### Exercise data:
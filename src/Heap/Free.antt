-- ===== src/Heap/Free.antt =====
-- `free` of src/libc/malloc.c, after `malloc`.
use fat.Prelude.{
  ℕ, ◌+◌, ◌^◌, ◌<◌, ◌≡◌, ◌≢◌, Bool, false, some, List, [], ◌∷◌, ◌++◌, ◌==◌, arith, refl, ap, ◌∙◌,
  ==_iff,
}
use fat.Heap.{Node, Heap, merge_free, find_busy, malloc, free, round_up}
use fat.Heap.Blocks.{inside, holders, holders-append, merge-holders}
use fat.Heap.HandOut.{IsHeap}
use fat.Heap.Malloc.{malloc-Allocated}

inside_self : (p n : ℕ) → 0 < n → inside p n p ≡ 1
inside_self p n l = ground (arith, l)

-- Blocks that are not empty.
abbrev AllSized : List Node → Type 0
AllSized [] = Unit {0}
AllSized (node ∷ l) = (0 < node.size) × AllSized l

find_busy-last :
    (l : List Node) (node : Node)
    → AllSized l
    → holders node.ptr l ≡ 0
    → find_busy node.ptr (l ++ node ∷ []) ≡ some (node, l)
unfolding find_busy
find_busy-last [] node s h = rw ((==_iff node.ptr node.ptr).1 refl) refl
find_busy-last (n ∷ l) node s h =
    let other : (n.ptr == node.ptr) ≡ false = ground (arith, h, s.0) in
    rw other (rw (find_busy-last l node s.1 (omega (arith, h))) refl)

-- `h2` holds the bytes that `h` held, each as often.
pub record Restored (h h2 : Heap) : Type 0 where
  pub sound : IsHeap h2
  pub busy : h2.m_busy ≡ h.m_busy
  pub free : (x : ℕ) → x < h._brk → holders x h2.m_free ≡ holders x h.m_free

-- If `malloc` of at least one byte returned an address that is not NULL, `free` of it gives the block
-- back: the list of blocks in use is as before, every byte below the old break is free exactly if it
-- was, and the blocks are apart and below the break. The heap before has room below 2 ^ 64, its
-- blocks are apart and below the break, and none of those in use is empty.
pub free-malloc :
    (granted : ℕ → Bool) (bytes p : ℕ) (h h' : Heap)
    → IsHeap h
    → AllSized h.m_busy
    → 0 < round_up bytes
    → h._brk + round_up bytes + 0x20000 < 2 ^ 64
    → malloc granted bytes h ≡ some (p, h')
    → p ≢ 0
    → Restored h (free p h')
unfolding free merge_free
free-malloc granted bytes p h h' i s z room e n =
    let a = malloc-Allocated granted bytes p h h' i room e n in
    let node : Node = record { ptr = p; size = round_up bytes } in
    let busy : (x : ℕ) → holders x h'.m_busy ≡ holders x h.m_busy + inside p (round_up bytes) x =
      λ x. ap (holders x) a.now_busy ∙ holders-append x h.m_busy node in
    let once : holders p h.m_busy ≡ 0 =
      omega (arith, busy p, inside_self p (round_up bytes) z, a.sound.apart p) in
    let found : find_busy p h'.m_busy ≡ some (node, h.m_busy) =
      ap (find_busy p) a.now_busy ∙ find_busy-last h.m_busy node s once in
    let zero : (p == 0) ≡ false = ground (arith, n) in
    rw zero (
      rw found (record {
        sound = record {
          apart = λ x. omega (arith, merge-holders x node h'.m_free, busy x, a.sound.apart x);
          below = λ x l. omega (arith, merge-holders x node h'.m_free, busy x, a.sound.below x l);
        };
        busy = refl;
        free = λ x l. omega (arith, merge-holders x node h'.m_free, a.was_free x l);
      }))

### Goal of the exercise:
Search the records above for the string "append". Report each line that has it.

### Output below:
use fat.Heap.Blocks.{inside, holders, holders-append, merge-holders}
      λ x. ap (holders x) a.now_busy ∙ holders-append x h.m_busy node in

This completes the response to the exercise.